Une île sur laquelle Nicolas Sarkozy, dispose de solides réseaux qui déploient une activité soutenue. L'un des objectifs consistait à ne pas laisser le champ complètement libre dans les voies tortueuses de l'île, à Dominique de Villepin, quand ce dernier s'était installé place Beauvau.

Camille de Rocca Serra, l'actuel président de l'Assemblée territoriale, ainsi qu'Ange Santini, le président de l'exécutif, sont des fidèles relais de l'homme fort de l'UMP. "Ange et Camille savent qu'ils peuvent compter sur moi", a d'ailleurs tenu à souligner le ministre de l'Intérieur, lors de sa 17e visite officielle sur l'île, vendredi 22 juillet. C'est donc tout naturellement qu'une fois sa courte visite officielle terminée, le ministre a prolongé son séjour corse en s'offrant un week-end de détente sur les terres de la commune de Porto-Vecchio.

La ville et sa microrégion offrent plusieurs attractions. Nous sommes dans le fief de la famille des Rocca Serra. Sans négliger le fait que Jean-Christophe Angelini, le jeune élu du mouvement libéral-nationaliste du PNC, a élu domicile dans la région. "Nicolas Sarkozy avait fait preuve d'un réel courage politique", a déclaré ce dernier, en résumant ainsi ses souvenirs de l'action de "Sarko I". "Aujourd'hui, il a le choix: renouer le dialogue, et nous serons prêts à aller très loin dans les négociations", a promis l'élu du Parti de la nation corse. Dans le cas contraire, "des gros problèmes ne tarderont pas à surgir", prévoit toujours Jean-Christophe Angelini.
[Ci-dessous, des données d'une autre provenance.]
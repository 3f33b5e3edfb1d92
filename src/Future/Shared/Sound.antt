-- ===== src/Future/Shared/Sound.antt =====
-- include/future/future.hpp and src/future.cpp: what holds of a state however its threads
-- interleave.
use rpcxx.Prelude.{
  ℕ, ◌≡◌, ◌≢◌, refl, ◌⊎◌, inl, inr, Bool, true, false, Option, none, some, [], ◌∷◌, arith,
}
use rpcxx.Json.Access.{Result, ok}
use rpcxx.Future.Cell.{Cell, Notify, publish, claim, ref}
use rpcxx.Future.Shared.{
  Shared, start, drive, Step, copies, resolves, drops, takes, forgets, installs, drives_on, Reach,
  here, next,
}
use rpcxx.Future.Shared.Phase.{
  Phase, idle, waiting, called, IsSound, Phase-cell, resolve-IsSound, drop_promise-IsSound,
  take-IsSound, install-IsSound, claimed-IsSound,
}

module _ {ℓ} {A : Type ℓ} where
  Phase-forgets : (s : Shared A) → Phase s → Phase (record s { held = false })
  Phase-forgets s (idle n k t) = idle n k (λ e. cc)
  Phase-forgets s (waiting n m k d t w) = waiting n m k refl t w
  Phase-forgets s (called n r m k o d t) = called n r m k o refl t

  Step-IsSound : {s t : Shared A} → Step s t → IsSound s → IsSound t
  unfolding IsSound drive ref
  Step-IsSound {s = s} (copies p) h =
      (Phase-cell s (ref s.cell) refl refl (λ t. t) h.0, λ z. absurd (omega arith))
  Step-IsSound {s = s} (resolves r p) h = resolve-IsSound r s h
  Step-IsSound {s = s} (drops p) h = drop_promise-IsSound s p h
  Step-IsSound {s = s} (takes c p e) h = take-IsSound s c p e h
  Step-IsSound {s = s} (forgets e) h = (Phase-forgets s h.0, h.1)
  Step-IsSound {s = s} (installs exec n chain c held e) h =
      install-IsSound exec n chain s c held e h
  Step-IsSound {s = s} (drives_on p) h = claimed-IsSound s (claim s.cell) refl h

  pub Reach-IsSound : {s : Shared A} → Reach start s → IsSound s
  unfolding IsSound
  Reach-IsSound here = (idle refl refl (λ e. cc), λ z. λ k. absurd (omega arith))
  Reach-IsSound (next r st) = Step-IsSound st (Reach-IsSound r)

  -- However the threads interleave, from a new promise on: either no continuation was called, or
  -- exactly one was, once, with the result that the state has.
  pub calls-once :
      {s : Shared A}
      → Reach start s
      → (s.calls ≡ [])
        ⊎ ((n : Notify) × (r : Result A) × (s.calls ≡ (n, r) ∷ []) × (s.cell.outcome ≡ some r))
  unfolding IsSound
  calls-once reached = elim (Reach-IsSound reached).0 [
    | idle n k t ↦ inl k
    | waiting n m k d t w ↦ inl k
    | called n r m k o d t ↦ inr (n, r, k, o)
  ]

  -- However the threads interleave: when every promise is gone and every call of continueChain has
  -- come to its locked section, the state has a result, if nothing else a broken promise, and no
  -- continuation is left waiting.
  pub quiet-called :
      {s : Shared A}
      → Reach start s
      → s.cell.promises ≡ 0
      → s.drives ≡ 0
      → (s.cell.outcome ≢ none) × (s.cell.notify ≡ none)
  unfolding IsSound
  quiet-called {s = s} reached p d = (h.1 p, by_phase h.0)
    where
      h : IsSound s
      h = Reach-IsSound reached

      by_phase : Phase s → s.cell.notify ≡ none
      by_phase (idle n k t) = n
      by_phase (waiting n m k f t w) = absurd (omega (arith, w (h.1 p)))
      by_phase (called n r m k o f t) = m

  -- "Then() Called Twice" is never thrown through a future that came from GetFuture: while the
  -- future is held the state is free for a continuation.
  pub publish-held :
      {s : Shared A} (exec : Bool) (n : Notify) (chain : Option ℕ)
      → Reach start s
      → s.held ≡ true
      → (c : Cell A) × (publish exec n chain s.cell ≡ ok c)
  unfolding IsSound publish
  publish-held {s = s} exec n chain reached held = by_phase (Reach-IsSound reached).0
    where
      by_phase : Phase s → (c : Cell A) × (publish exec n chain s.cell ≡ ok c)
      by_phase (idle m k t) = rw m (_, refl)
      by_phase (waiting m q k d t w) = absurd (ground arith)
      by_phase (called m r q k o d t) = absurd (ground arith)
En guise de clin d'oeil, Nicolas Sarkozy, qui apprécie la jeune étoile montante autonomiste, incarnant un corsisme à la sauce ultralibérale, n'a pas hésité a parapher la convention tripartite attribuant à l'université de Corte 75 emplois supplémentaires. Le geste était attendu par la frange du mouvement nationaliste solidement installé à l'université. Des nouveaux emplois sont toujours une bonne nouvelle, même si la fac de Corte, dont la gestion est de plus en plus contestée, accueille de moins en moins d'étudiants...

Mais revenons dans l'extrême-Sud de l'île. Là où Sarkozy est venu se détendre. Ici, au terme d'une élection aux allures surréalistes, un autre homme fort, lié aux libéraux-nationalistes du PNC a retrouvé son fauteuil de président de la délégation de la chambre de commerce. Il s'agit de Jean-Noël Marcellesi. Un vrai bâtisseur.

Son entreprise de bâtiment est l'une des plus performantes de l'extrême-Sud de l'île (voir notre édition du 25.05.2004). Une région, que le clan Rocca Serra, tout comme les libéraux-nationalistes, envisagent, tout naturellement, vouée à la seule activité économique possible qu'ils souhaitent pour l'avenir de l'île: le tout tourisme, avec la bétonisation du littoral comme corollaire inévitable (...)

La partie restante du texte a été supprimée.